At energy = 0.5, it looks like the popularity tapers. 

In [None]:
sns.scatterplot(x = 'explicit', y = 'popularity', data = tracks, alpha = 0.03, color = 'black')

In [None]:
sns.scatterplot(x = 'loudness', y = 'popularity', data = tracks, alpha = 0.03, color = 'black')

In [None]:
sns.scatterplot(x = 'speechiness', y = 'popularity', data = tracks, alpha = 0.03, color = 'black')

In [None]:
sns.scatterplot(x = 'tempo', y = 'popularity', data = tracks, alpha = 0.03, color = 'black')

In [None]:
sns.scatterplot(x = 'year', y = 'popularity', data = tracks, alpha = 0.03, color = 'black')

In the bottom right corner, there's a cluster of tracks that are new and didn't get a lot of listeners yet. 

## Data Modeling

**Linear regression to predict popularity based on release year**

In [None]:
model_year = smf.ols(data = tracks, formula = "popularity ~ year")
result_year = model_year.fit()
result_year.summary()

Results:
- R-squared: 0.744
- Coef: Intercept = -1404.3129, year = 0.7263

If year increases by 1, then the popularity score goes up by 0.73. For comparison, the popularity score can be 0 to 100.

In [None]:
tracks['predicted_popularity_yr'] = result_year.predict(tracks)
tracks.head()

In [None]:
tracks.tail()

**Linear regression to predict popularity based on acousticness**

In [None]:
model_ac = smf.ols(data = tracks, formula = "popularity ~ acousticness")
result_ac = model_ac.fit()
result_ac.summary()

Results:
- R-squared: 0.329
- Coef: Intercept = 48.1366, acousticness = -33.2690	

A track that's not acoustic (score of 0) would have a 33 point higher popularity score than one that is (score of 1).

In [None]:
tracks['predicted_popularity_ac'] = result_ac.predict(tracks)
tracks.head()

In [None]:
tracks.tail()

**Linear regression to predict popularity based on release year, acoustics, energy, and loudness**

In [None]:
model_3 = smf.ols(formula = "popularity ~ year + acousticness + energy + loudness", data = tracks).fit()
model_3.summary()

Here, the coefficient for energy is -3.78, which doesn't make sense because earlier, we saw that 1) the correlation is a positive value and 2) the scatterplot showed a positive trend. 

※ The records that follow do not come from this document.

-- ===== src/Reports.antt =====
-- models.py, domain/solve_problem.py and report_store.py: the reports and files that the Main Harness
-- receives, keeps and publishes. Identifiers (UUID) and times are numbers.
use mm_harness.Prelude.{ℕ, String, Bool, true, false, Option, List}
use mm_harness.Json.{Json, Fields}

pub data ArtifactKind : Type 0 where
  problem dag_task_table input modeling_report coding_report review_report : ArtifactKind
  final_question_report final_latex_paper source data_file figure output log other : ArtifactKind

abbrev pub is_latex_kind : ArtifactKind → Bool
is_latex_kind final_latex_paper = true
is_latex_kind _ = false

pub record ProducedArtifact : Type 0 where
  pub logical_name : String
  pub kind : ArtifactKind
  pub media_type : String
  pub text : Option String
  pub base64 : Option String
  pub metadata : Fields

pub data ReadOnlyFileRole : Type 0 where
  problem_file input_file dependency_solution dependency_output generated reference :
      ReadOnlyFileRole

abbrev pub is_solve_file : ReadOnlyFileRole → Bool
is_solve_file dependency_solution = true
is_solve_file dependency_output = true
is_solve_file generated = true
is_solve_file _ = false

pub record ReportFileRecord : Type 0 where
  pub relative_path : String
  pub purpose : String
  pub role : ReadOnlyFileRole
  pub task_id : String
  pub attempt : ℕ
  pub iteration : Option ℕ
  pub media_type : String
  pub sha256 : String
  pub size_bytes : ℕ

pub record ReadOnlyFileReference : Type 0 where
  pub relative_path : String
  pub purpose : String
  pub role : ReadOnlyFileRole
  pub owner_task_id : Option String
  pub media_type : String
  pub sha256 : Option String
  pub size_bytes : Option ℕ

unfoldable pub as_readonly : ReportFileRecord → ReadOnlyFileReference
as_readonly f = record {
  relative_path = f.relative_path;
  purpose = f.purpose;
  role = f.role;
  owner_task_id = Option.some f.task_id;
  media_type = f.media_type;
  sha256 = Option.some f.sha256;
  size_bytes = Option.some f.size_bytes;
}

-- The last two fields are not declared by `ReportPayload`: `dispatch` attaches them by `model_copy`.
pub record ReportPayload : Type 0 where
  pub title : String
  pub markdown : String
  pub summary : String
  pub claims : List String
  pub limitations : List String
  pub structured : Fields
  pub solution_report_path : Option String
  pub solve_files : List ReadOnlyFileReference

pub data SolveProblemStatus : Type 0 where
  completed revision_required blocked failed : SolveProblemStatus

-- ExplorationMaterial; a `confidence` is a float, and is kept as its JSON value
pub record ExplorationMaterial : Type 0 where
  pub branch_id : String
  pub report : ReportPayload
  pub candidate_scheme : String
  pub assumptions : List String
  pub required_validations : List String
  pub expected_outputs : List String
  pub expected_figures : List String
  pub coding_instructions : List String
  pub risks : List String
  pub confidence : Option Json
  pub requested_file_paths : List String

-- PreliminaryModelingReport: the fields of a route, and `exploration_summary`
pub record PreliminaryModelingReport : Type 0 where
  pub route : ExplorationMaterial
  pub exploration_summary : Option ReportPayload

pub record UnifiedModelingReport : Type 0 where
  pub report : ReportPayload
  pub selected_branch_ids : List String
  pub main_scheme : String
  pub required_validations : List String
  pub expected_outputs : List String
  pub expected_figures : List String
  pub coding_instructions : List String
  pub rejected_branch_reasons : Fields

pub record CodingHarnessReport : Type 0 where
  pub report : ReportPayload
  pub execution_succeeded : Bool
  pub validations : Fields
  pub validation_evidence : Fields
  pub metrics : Fields
  pub deviations : List String
  pub issues : List String
  pub artifacts : List ProducedArtifact
  pub generated_files : List ReadOnlyFileReference

pub data ModelReviewDecision : Type 0 where
  approve revise reject : ModelReviewDecision

pub data RevisionTarget : Type 0 where
  code model full : RevisionTarget

pub record SolveProblemReview : Type 0 where
  pub decision : ModelReviewDecision
  pub rationale : String
  pub revision_instructions : List String
  pub accepted_claims : List String
  pub revision_target : RevisionTarget
  pub requested_file_paths : List String

pub record SolveProblemIteration : Type 0 where
  pub iteration : ℕ
  pub preliminary_reports : List PreliminaryModelingReport
  pub modeling_report : Option UnifiedModelingReport
  pub coding_report : CodingHarnessReport
  pub review : SolveProblemReview

pub record SolveProblemReport : Type 0 where
  pub task_id : String
  pub status : SolveProblemStatus
  pub iteration_count : ℕ
  pub iterations : List SolveProblemIteration
  pub final_report : Option ReportPayload
  pub revision_instructions : List String
  pub artifacts : List ProducedArtifact
  pub archive_files : List ReadOnlyFileReference
  pub research_report : Option Json
  pub error : Option String
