-- ===== src/MainHarness.antt =====
-- application/main_harness.py: the state of a run and the steps that the operations share. The
-- other operations are in the modules below, and so are their proofs. A method reads the clock once,
-- as `now`; a run lives in the repository of infrastructure/db/main_harness.py, if there is one.
pub mod Repository
pub mod Rollback
pub mod View
pub mod Publish
pub mod Replan
pub mod Disclosure
pub mod Context
pub mod Solved
pub mod SolvedSamples
pub mod Task
pub mod Dispatch
pub mod Statuses
pub mod Closed
pub mod Readiness
pub mod Runs
pub mod Samples
pub mod ContextSamples
pub mod PlanSamples
use mm_harness.Prelude.{
  ℕ, suc, ◌+◌, String, Bool, true, false, not, ◌&&◌, Option, none, some, List, [], ◌∷◌, map, find,
  ◌==◌, nat_eq, string_eq, if◌then◌else◌, length,
}
use mm_harness.Errors.{Error, Result, ok, err, key_error, conflict, not_found, ◌>>=◌}
use mm_harness.Dag.{DagTaskNode, DagTaskTable}
use mm_harness.Reports.{ReportFileRecord, ReportPayload, ProducedArtifact, SolveProblemReport}

pub data MainTaskStatus : Type 0 where
  blocked ready running completed revision_required failed : MainTaskStatus

abbrev pub is_ready : MainTaskStatus → Bool
is_ready ready = true
is_ready _ = false

abbrev pub is_completed : MainTaskStatus → Bool
is_completed completed = true
is_completed _ = false

abbrev pub is_blocked : MainTaskStatus → Bool
is_blocked blocked = true
is_blocked _ = false

pub record MainHarnessTask : Type 0 where
  pub task_id : String
  pub status : MainTaskStatus
  pub attempts : ℕ
  pub last_report_id : Option ℕ
  pub last_error : Option String

pub record MainHarnessDecision : Type 0 where
  pub kind : String
  pub reason : String
  pub affected_task_ids : List String
  pub created_at : ℕ

pub record MainHarnessState : Type 0 where
  pub run_id : ℕ
  pub problem : String
  pub dag : DagTaskTable
  pub tasks : List MainHarnessTask
  pub report_ids : List ℕ
  pub reports : List SolveProblemReport
  pub report_files : List ReportFileRecord
  pub decisions : List MainHarnessDecision
  pub final_report : Option ReportPayload
  pub final_latex_paper : Option ProducedArtifact
  pub terminal : Bool
  pub version : ℕ
  pub created_at : ℕ
  pub updated_at : ℕ

-- `by_id[task_id]`, for `by_id = {item.task_id: item for item in state.tasks}`
abbrev pub record_of : String → List MainHarnessTask → Option MainHarnessTask
record_of id tasks = find (λ t. t.task_id == id) tasks

-- all(by_id[dependency].status == COMPLETED for dependency in depends_on); a `KeyError` if one that
-- is looked at has no record
pub all_completed : List MainHarnessTask → List String → Result Bool
all_completed tasks [] = ok true
all_completed tasks (d ∷ ds) =
    let later = all_completed tasks ds in
    elim (record_of d tasks) [
      | none ↦ err key_error
      | some r ↦ if is_completed r.status then later else ok false
    ]

-- ready_tasks
pub ready_among : List MainHarnessTask → List DagTaskNode → Result (List String)
unfolding all_completed
ready_among tasks [] = ok []
ready_among tasks (node ∷ nodes) =
    let later = ready_among tasks nodes in
    elim (record_of node.id tasks) [
      | none ↦ err key_error
      | some r ↦
          if is_ready r.status
          then (do
            done ← all_completed tasks node.depends_on
            rest ← later
            ok (if done then node.id ∷ rest else rest))
          else later
    ]

pub ready_tasks : MainHarnessState → Result (List String)
unfolding ready_among
ready_tasks state = ready_among state.tasks state.dag.tasks

-- _replace_task
abbrev pub replace_in : MainHarnessTask → List MainHarnessTask → List MainHarnessTask
replace_in task tasks = map (λ item. if item.task_id == task.task_id then task else item) tasks

pub replace_task : ℕ → MainHarnessState → MainHarnessTask → MainHarnessState
replace_task now state task = record state { tasks = replace_in task state.tasks; updated_at = now }

-- the body of the loop of `_unlock_dependents`, on the values of `by_id` and `changed`
pub unlock_one : DagTaskNode → List MainHarnessTask × Bool → Result (List MainHarnessTask × Bool)
unfolding all_completed
unlock_one node (tasks, changed) = elim (record_of node.id tasks) [
  | none ↦ err key_error
  | some current ↦
      if is_blocked current.status
      then (do
        done ← all_completed tasks node.depends_on
        ok (
            if done
            then (replace_in (record current { status = ready }) tasks, true)
            else (tasks, changed)))
      else ok (tasks, changed)
]

pub unlock_all :
    List DagTaskNode → List MainHarnessTask × Bool → Result (List MainHarnessTask × Bool)
unfolding unlock_one
unlock_all [] s = ok s
unlock_all (node ∷ nodes) s = do s' ← unlock_one node s; unlock_all nodes s'

-- tuple(by_id[item.id] for item in state.dag.tasks)
pub in_dag_order : List MainHarnessTask → List DagTaskNode → Result (List MainHarnessTask)
in_dag_order tasks [] = ok []
in_dag_order tasks (node ∷ nodes) =
    let later = in_dag_order tasks nodes in
    elim (record_of node.id tasks) [
      | none ↦ err key_error
      | some r ↦ (do rest ← later; ok (r ∷ rest))
    ]

pub unlock_dependents : ℕ → MainHarnessState → Result MainHarnessState
unlock_dependents now state = do
  (tasks, changed) ← unlock_all state.dag.tasks (state.tasks, false)
  if changed
      then (do
        ordered ← in_dag_order tasks state.dag.tasks
        ok (record state { tasks = ordered; updated_at = now }))
      else ok state

-- start, without the write to the repository
pub initial_tasks : List DagTaskNode → List MainHarnessTask
initial_tasks [] = []
initial_tasks (node ∷ nodes) =
    record {
      task_id = node.id;
      status = if length node.depends_on == 0 then ready else blocked;
      attempts = 0;
      last_report_id = none;
      last_error = none;
    }
    ∷ initial_tasks nodes

pub initial_state : String → DagTaskTable → ℕ → ℕ → MainHarnessState
unfolding initial_tasks
initial_state problem dag run_id now = record {
  run_id = run_id;
  problem = problem;
  dag = dag;
  tasks = initial_tasks dag.tasks;
  report_ids = [];
  reports = [];
  report_files = [];
  decisions = [];
  final_report = none;
  final_latex_paper = none;
  terminal = false;
  version = 1;
  created_at = now;
  updated_at = now;
}
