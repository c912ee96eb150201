-- ===== src/MainHarness/Statuses.antt =====
-- Which tasks are completed, as the steps of the operations change the tasks' records.
use mm_harness.Prelude.{
  String, Bool, true, false, none, some, List, [], ◌∷◌, all, contains, ◌≡◌, refl, ◌∙◌, arith,
  Option-cases, ◌⊎◌, inl, inr, eq_iff, ◌==◌, string_eq, if◌then◌else◌,
}
use mm_harness.Errors.{ok, >>=-eq-ok, Result-cases}
use mm_harness.Dag.{DagTaskNode, ids}
use mm_harness.MainHarness.{
  MainHarnessTask, ready, is_completed, record_of, all_completed, replace_in, unlock_one,
  unlock_all, in_dag_order,
}

abbrev pub completed_at : List MainHarnessTask → String → Bool
completed_at tasks id = elim (record_of id tasks) [ none ↦ false | some r ↦ is_completed r.status ]

-- The test that `dispatch`, `ready_tasks` and `publish` make returns true just on this.
pub all_completed_sound :
    (tasks : List MainHarnessTask) (ds : List String)
    → all_completed tasks ds ≡ ok true
    → all (completed_at tasks) ds ≡ true
unfolding all_completed
all_completed_sound tasks [] h = refl
all_completed_sound tasks (d ∷ ds) h = ground (arith, all_completed_sound tasks ds)

pub record_of-replace :
    (id : String) (task : MainHarnessTask) (tasks : List MainHarnessTask)
    → record_of id (replace_in task tasks) ≡ elim (record_of id tasks) [
      | none ↦ none
      | some r ↦ if task.task_id == id then some task else some r
    ]
record_of-replace id task [] = refl
record_of-replace id task (t ∷ tasks) = ground (
  arith,
  record_of-replace id task tasks,
  eq_iff t.task_id id,
  eq_iff t.task_id task.task_id,
  eq_iff task.task_id id,
)

pub completed_at-replace :
    (id : String) (task : MainHarnessTask) (tasks : List MainHarnessTask)
    → (completed_at tasks task.task_id ≡ true → is_completed task.status ≡ true)
    → completed_at tasks id ≡ true
    → completed_at (replace_in task tasks) id ≡ true
completed_at-replace id task tasks keep h =
    ground (arith, record_of-replace id task tasks, eq_iff task.task_id id, keep)

-- a task that becomes completed is the one that was replaced
pub completed_at-replaced :
    (id : String) (task : MainHarnessTask) (tasks : List MainHarnessTask)
    → completed_at (replace_in task tasks) id ≡ true
    → (completed_at tasks id ≡ true) ⊎ ((task.task_id ≡ id) × (is_completed task.status ≡ true))
completed_at-replaced id task tasks h =
    ground (arith, record_of-replace id task tasks, eq_iff task.task_id id)

pub record_of-id :
    (id : String) (tasks : List MainHarnessTask) (r : MainHarnessTask)
    → record_of id tasks ≡ some r
    → r.task_id ≡ id
record_of-id id [] r h = cc
record_of-id id (t ∷ tasks) r h = ground (arith, record_of-id id tasks r, eq_iff t.task_id id)

-- Unlocking completes nothing and undoes no completion.
unlock_one-completed :
    (id : String) (node : DagTaskNode) (tasks : List MainHarnessTask) (b : Bool)
    (s' : List MainHarnessTask × Bool)
    → unlock_one node (tasks, b) ≡ ok s'
    → completed_at s'.0 id ≡ completed_at tasks id
unfolding unlock_one
unlock_one-completed id node tasks b s' h = elim (Option-cases (record_of node.id tasks)) [
  | inl e ↦ ground arith
  | inr (r, e) ↦ ground (
    arith,
    record_of-replace id (record r { status = ready }) tasks,
    record_of-id node.id tasks r e,
    eq_iff r.task_id id,
  )
]

pub unlock_all-completed :
    (id : String) (nodes : List DagTaskNode) (s s' : List MainHarnessTask × Bool)
    → unlock_all nodes s ≡ ok s'
    → completed_at s'.0 id ≡ completed_at s.0 id
unfolding unlock_all
unlock_all-completed id [] s s' h = ground arith
unlock_all-completed id (node ∷ nodes) (tasks, b) s' h =
    let (mid, first, rest) = >>=-eq-ok (unlock_one node (tasks, b)) (unlock_all nodes) h in
    unlock_all-completed id nodes mid s' rest ∙ unlock_one-completed id node tasks b mid first

in_dag_order-cons :
    (tasks : List MainHarnessTask) (node : DagTaskNode) (nodes : List DagTaskNode)
    (l : List MainHarnessTask)
    → in_dag_order tasks (node ∷ nodes) ≡ ok l
    → (r : MainHarnessTask) × (rest : List MainHarnessTask) × (record_of node.id tasks ≡ some r)
      × (in_dag_order tasks nodes ≡ ok rest)
      × (l ≡ r ∷ rest)
unfolding in_dag_order
in_dag_order-cons tasks node nodes l h = elim (Option-cases (record_of node.id tasks)) [
  | inl e ↦ absurd (ground (arith, e, h))
  | inr (r, e) ↦ elim (Result-cases (in_dag_order tasks nodes)) [
    | inl (x, f) ↦ absurd (ground (arith, e, f, h))
    | inr (rest, f) ↦ (r, rest, e, f, ground (arith, e, f, h))
  ]
]

pub in_dag_order-record :
    (id : String) (tasks : List MainHarnessTask) (nodes : List DagTaskNode)
    (l : List MainHarnessTask)
    → in_dag_order tasks nodes ≡ ok l
    → record_of id l ≡ (if contains id (ids nodes) then record_of id tasks else none)
in_dag_order-record id tasks [] l h = unfold in_dag_order in ground arith
in_dag_order-record id tasks (node ∷ nodes) l h =
    let (r, rest, found, later, split) = in_dag_order-cons tasks node nodes l h in
    ground (
      arith,
      in_dag_order-record id tasks nodes rest later,
      record_of-id node.id tasks r found,
      eq_iff node.id id,
      eq_iff id node.id,
    )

It might be influenced by the other factors: year, acousticness, and loudness.

In [None]:
tracks['predicted_popularity'] = model_3.predict(tracks)
tracks.head()

In [None]:
tracks.tail()

**Cost functions for each of these models**

How far off are the 3 sample models?

In [None]:
#wrong cost function 
cost_yr = sum((tracks['predicted_popularity_yr'] - tracks['popularity'])**2)
cost_ac = sum((tracks['predicted_popularity_ac'] - tracks['popularity'])**2)
cost = sum((tracks['predicted_popularity'] - tracks['popularity'])**2)

print(cost_yr)
print(cost_ac)
print(cost)

In [None]:
#improved cost function
n = len(tracks.index)

cost_yr = sum(abs(tracks['predicted_popularity_yr'] - tracks['popularity']))/n
cost_ac = sum(abs(tracks['predicted_popularity_ac'] - tracks['popularity']))/n
cost = sum(abs(tracks['predicted_popularity'] - tracks['popularity']))/n

print(cost_yr)
print(cost_ac)
print(cost)

The third model (predicting based on release year, acoustics, energy, and loudness) was has the  the most accurate out of the three.